6 Responses to “How to make a bad situation worse.”

  1. “There are so many spelling and grammar mistakes in this post that I lost faith in the information.”

    Im sory butt if speling ang gramer are your poits of credability in an article, youve first mist the point i maid in other posts, and secent, are depending on a set ov brain cells that most mechanics do not have. — GW

  2. Great follow up! I laughed at the funny, and very true, comments you had.

    Hey, just a heads up, your last sentence has a couple words mixed up..in case somebody wants to come in here and try to disprove your credibility…you know, the same idiots that blew up their car following the other site’s advice 🙂

    witch –> which
    chose –> choose

    1. spare hidden key….classic…..

  3. Great reality check to the article and to the first comments. You crack me up. Always have.
    I followed your advice from many years ago and always have a spare key close by.

  4. I have to admit that if a business doesn’t know the difference between “cars” and “car’s”, I go elsewhere. I refuse to patronize stupidity, especially when someone paid to place that stupidity on a sign!

    Really? where was this?

  5. Grammar? Spell errors? Nitpicking that stuff is for people who are trying to prove themselves smarter than the author… and what’s the point in that?

    You wanna prove you’re smarter? Post a set of instructions that works. Show superior knowledge of the topic. Hot wire his car and post the video to YouTube.

  6. So here’s my deal: I drive a 2000 Ford Focus, and their ignition has a known bug where one of the pins falls down all the way, and you can’t push the key into the ignition. We ended up just drilling out the ignition (thus making it use no key). You can just lodge the key in the drilled hole and turn, and it cranks right up.

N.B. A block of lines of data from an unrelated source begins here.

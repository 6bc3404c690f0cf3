-- ===== src/Prelude/Text.antt =====
-- Go strings: sequences of bytes. A literal is written `str "…"` (ASCII only).
use Prim.Native.Char.{code}
use Prim.Native.Nat.{ℕ}
use Prim.Native.String.{String}
use mathlib.Core.Path.{◌≡◌, refl}
use mathlib.Core.Logic.{◌↔◌, ◌≢◌}
use mathlib.Core.Bool.{Bool, true, false, ◌&&◌}
use mathlib.Core.List.{List, [], ◌∷◌, ◌++◌}
use native.Mathlib.Omega.{arith}
use hypertrace_collector.Prelude.Tests.{◌==◌, ==_iff}

abbrev pub Str : Type 0
Str = List ℕ

unfoldable pub str : String → Str
str String.[] = []
str (String.◌∷◌ c s) = code c ∷ str s

-- `s == t`
unfoldable pub str_eq : Str → Str → Bool
str_eq [] [] = true
str_eq (x ∷ s) (y ∷ t) = x == y && str_eq s t
str_eq _ _ = false

-- `len(s) == 0`, `s == ""`
abbrev pub is_empty : Str → Bool
is_empty [] = true
is_empty (_ ∷ _) = false

pub str_eq_iff : (s t : Str) → (str_eq s t ≡ true) ↔ (s ≡ t)
unfolding str_eq
str_eq_iff [] [] = (λ _. refl, λ _. refl)
str_eq_iff [] (y ∷ t) = (λ h. cc, λ h. cc)
str_eq_iff (x ∷ s) [] = (λ h. cc, λ h. cc)
str_eq_iff (x ∷ s) (y ∷ t) = ground (arith, ==_iff x y, str_eq_iff s t)

pub str_eq_refl : (s : Str) → str_eq s s ≡ true
str_eq_refl s = (str_eq_iff s s).1 refl

pub str_eq-ne : (s t : Str) → s ≢ t → str_eq s t ≡ false
str_eq-ne s t h = ground (arith, str_eq_iff s t)

-- `strings.Join(parts, sep)`
unfoldable pub join : Str → List Str → Str
join sep [] = []
join sep (s ∷ []) = s
join sep (s ∷ t ∷ rest) = s ++ (sep ++ join sep (t ∷ rest))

    It also has an RFID fob on it. The system is ridiculous. You can actually just unplug the RFID bit inside the steering column and bam, no more need for the RFID fob. You don’t have to short anything out; if it’s not plugged in, no need for an RFID fob.

    But as for all the panic about hotwiring a car, the instructions would’ve worked semi-decently in my case. I definitely know how I could hotwire my car, just from the wires, but I could see accidentally shorting out the computer if you weren’t careful. Anyway, as someone who’s done it I disagree with the way you dismissed it out of hand. And having a spare key wouldn’t do shit in my situation.

    I of course left it hooked up so it provides some semblence of key-hood (i.e. not just screwdriver, turn, and go).

    First problem, you drive a Ford Focus. I don’t work on Fords, unless the client is unusually desperate. In any case, this car would have been fixed properly the first time, probably with an updated ignition.
    There is something special about your car if the RFID fob is disabled by unplugging a wire, because all your unplugging is an antenna. Try this: unplug that wire you mention, and then hard lock the car (instructions in your manual if Ford does such a thing, i know Jaguar and Land Rover can) or disconnect the battery for a while, and see if the car cranks and dies because the computer shut off the fuel. the actual coding is in the computer, and you cannot disable that without serous hacking. I have seen drilled out ignitions before, but usually the client does not particularly desire such a convenience, and i replace the tumbler. Of course, with a Ford Focus, such anti-theft devices probably aren’t necessary.